Just a comment - nightmares and night terrors are very different - as different as a little sniffy cold is from an influenza infection. My younger daughter had night terrors and they involved screaming and screaming and screaming and trauma.... and you cannot comfort them while it is going on. She had a lot of severe problems from severe nightmares as well, and would thrash and cry out in her sleep for hours - but not at 7 months.

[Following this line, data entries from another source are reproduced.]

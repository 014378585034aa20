-- ===== src/Drive/Fd/Session.antt =====
-- A whole writing session: a new descriptor, any number of `Write` calls, then `Flush`.
use proton_utils.Base.{
  ℕ, ◌<◌, ◌≡◌, ◌⊎◌, refl, sym, ap, ◌∙◌, subst, Bool, true, false, not, ◌&&◌, Option, none, some,
  List, [], ◌∷◌, ◌++◌, append-nil, append_assoc, length, length-append, Bytes, Result, ok, inl, inr,
  arith,
}
use proton_utils.Drive.XAttr.{RevisionXAttr, build_revision_xattr}
use proton_utils.Drive.Fd.State.{
  Fd, FdError, is_write, new_write_fd, Upload, UploadedBlock, UpdateRevisionReq, Remote,
}
use proton_utils.Drive.Fd.Write.{write}
use proton_utils.Drive.Fd.Commit.{submit_partial, send_manifest, flush}
use proton_utils.Drive.Fd.Stream.{
  contents, Stream, Advanced, Advanced-trans, Advanced-refl, Advanced-cast, write-Advanced,
}
use proton_utils.Drive.Fd.Completion.{Completes}
use proton_utils.Drive.Fd.Waits.{outcome}
use proton_utils.Drive.Fd.Manifests.{
  upload_each, manifest_of, sum, raw_sizes, sum-raw_sizes, numbered_tokens,
}
use proton_utils.Drive.Fd.Flush.{Blocks, submit_partial-Blocks, flush_commits}

-- `Write` for each of the byte strings; `none` when a loop does not end or a call fails
unfoldable pub write_all : ℕ → List Bytes → Fd → Option Fd
write_all size [] fd = some fd
write_all size (p ∷ ps) fd = elim (write size p fd) [
  | some (fd', ok _) ↦ write_all size ps fd'
  | _ ↦ none
]

abbrev pub concat_all : List Bytes → Bytes
concat_all [] = []
concat_all (p ∷ ps) = p ++ concat_all ps

module _ (size : ℕ) (positive : 0 < size) where
  pub write_all-Advanced :
      (ps : List Bytes) (fd : Fd) {before : Bytes}
      → fd.closed ≡ false
      → is_write fd.mode ≡ true
      → Stream size fd before
      → (fd' : Fd) × (write_all size ps fd ≡ some fd')
        × Advanced size fd fd' (length (concat_all ps)) (before ++ concat_all ps)
  unfolding write_all
  write_all-Advanced [] fd c m s = (
    fd,
    refl,
    Advanced-cast size positive fd fd refl (sym (append-nil _)) (Advanced-refl size positive fd s),
  )
  write_all-Advanced (p ∷ ps) fd {before} c m s =
      let (mid, run, a) = write-Advanced size positive p fd c m s in
      let (last, runs, b) =
        write_all-Advanced ps mid (ap (λ (f : Fd). f.closed) a.same ∙ c)
          (ap (λ (f : Fd). is_write f.mode) a.same ∙ m) a.stream in
      (
        last,
        rw (run, write_all) runs,
        Advanced-cast size positive fd last (sym (length-append p (concat_all ps)))
            (append_assoc before p (concat_all ps))
            (Advanced-trans size positive fd mid last (length p) (length (concat_all ps)) a b),
      )

-- what `send_manifest` puts into its request
send_manifest-fields :
    (r : Remote) (fd : Fd) (ubs : List UploadedBlock) (req : UpdateRevisionReq)
    → send_manifest r fd (manifest_of ubs) ≡ ok req
    → (req.revision_id ≡ fd.revision_id)
      × (req.block_list ≡ numbered_tokens 0 ubs)
      × (req.xattr.common.size ≡ sum (raw_sizes ubs))
unfolding send_manifest build_revision_xattr
send_manifest-fields r fd ubs req e = ground arith

module _ (size : ℕ) (positive : 0 < size) (is_new : Bool) (revision code : Bytes)
    (prior : Option RevisionXAttr) (ps : List Bytes) where
  abbrev start : Fd
  start = new_write_fd is_new revision code prior

  start-Stream : Stream size start []
  unfolding new_write_fd
  start-Stream = record { joined = refl; full = tt; idx = refl; short = positive }

  session :
      (fd : Fd) × (write_all size ps start ≡ some fd)
      × Advanced size start fd (length (concat_all ps)) (concat_all ps)
  unfolding new_write_fd
  session = write_all-Advanced size positive ps start refl refl start-Stream

  -- Writing any byte strings to a new descriptor succeeds. The file size is then their total
  -- length, and the uploads, with the partial block, are their concatenation cut into blocks
  -- that are numbered from 0 and full but for the last.
  pub write_all-Blocks :
      (fd : Fd) × (write_all size ps start ≡ some fd)
      × (fd.file_size ≡ length (concat_all ps))
      × Blocks size (submit_partial fd).inflight (concat_all ps)
  unfolding new_write_fd
  write_all-Blocks =
      let (fd, run, a) = session in
      (
        fd,
        run,
        ap (λ (f : Fd). f.file_size) a.same ∙ omega arith,
        submit_partial-Blocks size fd positive a.stream,
      )

  pub written :
      (fd : Fd)
      → write_all size ps start ≡ some fd
      → Advanced size start fd (length (concat_all ps)) (concat_all ps)
  written fd h =
      let (fd', run, a) = session in
      let e : fd' ≡ fd = cc (sym run ∙ h) in
      subst (λ f. Advanced size start f (length (concat_all ps)) (concat_all ps)) e a

  due_by :
      (fd : Fd)
      → Advanced size start fd (length (concat_all ps)) (concat_all ps)
      → (0 < length (concat_all ps)) ⊎ (is_new ≡ true)
      → (0 < length (concat_all ps)) ⊎ ((fd.is_new && not fd.committed) ≡ true)
  unfolding new_write_fd
  due_by fd a (inl p) = inl p
  due_by fd a (inr n) = inr (ap (λ (f : Fd). f.is_new && not f.committed) a.same ∙ rw n)

  -- Writing any byte strings to a new descriptor and flushing it: if the uploads, completing in
  -- any order, and the commit's requests succeed, and the file is new or some byte was written,
  -- then `Flush` succeeds and the server has accepted one request. It names the revision, lists
  -- the tokens of the blocks in the order of the file, the blocks' data joined is what was
  -- written, and the size it records is the number of bytes written.
  pub write_all-flush :
      (r : Remote) (fd : Fd) (order : List Upload) (ubs : List UploadedBlock)
      (req : UpdateRevisionReq)
      → write_all size ps start ≡ some fd
      → Completes (submit_partial fd).inflight order
      → upload_each (outcome r fd) (submit_partial fd).inflight ≡ ok ubs
      → send_manifest r fd (manifest_of ubs) ≡ ok req
      → (0 < length (concat_all ps)) ⊎ (is_new ≡ true)
      → ((flush r order fd).1 ≡ ok tt)
        × ((flush r order fd).0.accepted ≡ req ∷ [])
        × (req.revision_id ≡ revision)
        × (req.block_list ≡ numbered_tokens 0 ubs)
        × (contents (submit_partial fd).inflight ≡ concat_all ps)
        × (req.xattr.common.size ≡ length (concat_all ps))
  unfolding new_write_fd
  write_all-flush r fd order ubs req h c u s due =
      let a = written fd h in
      let done =
        flush_commits r size fd order positive a.stream (ap (λ (f : Fd). is_write f.mode) a.same)
          (ap (λ (f : Fd). f.tokens) a.same) (ap (λ (f : Fd). f.first_err) a.same) c u s
          (due_by fd a due) in
      let fields = send_manifest-fields r fd ubs req s in
      let blocks = submit_partial-Blocks size fd positive a.stream in
      (
        ap (λ (x : Fd × Result FdError (Unit {0})). x.1) done,
        ap (λ (x : Fd × Result FdError (Unit {0})). x.0.accepted) done
            ∙ ap (λ (f : Fd). f.accepted ++ req ∷ []) a.same,
        fields.0 ∙ ap (λ (f : Fd). f.revision_id) a.same,
        fields.1,
        blocks.joined,
        fields.2 ∙ sum-raw_sizes r fd (submit_partial fd).inflight u ∙ ap length blocks.joined,
      )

However, I DO AGREE that good sleep is CRITICAL to our children's health, and that daughter also did not sleep well at 7 months, either!! I WISH I'd known at the time that she was having issues with what **I** was eating (I was breast-feeding and she has problems with foods). She is now getting her master's degree in Dietetics (nutrition).

K.I.

answers from Los Angeles on

How exactly do you know that he wakes from night terrors and not just that he is hungry? You say he has had them (night terrors, where he wakes up crying) since he was a month old? ALL babies wake up crying b/c they are hungry at 1 month old...sure there are a few out there who sleep through the night from day 1 (my oldest nephew was *that* kid) but for the most part ALL babies wake up crying to eat or get their diapers changed.

Might I suggest feeding him the first time he wakes from these 'night terrors' and then maybe he wont be so apt to wake up to be fed at 12-1am? Might be worth a shot since you say that you only nurse him for a minute and then give him his binky the first time?!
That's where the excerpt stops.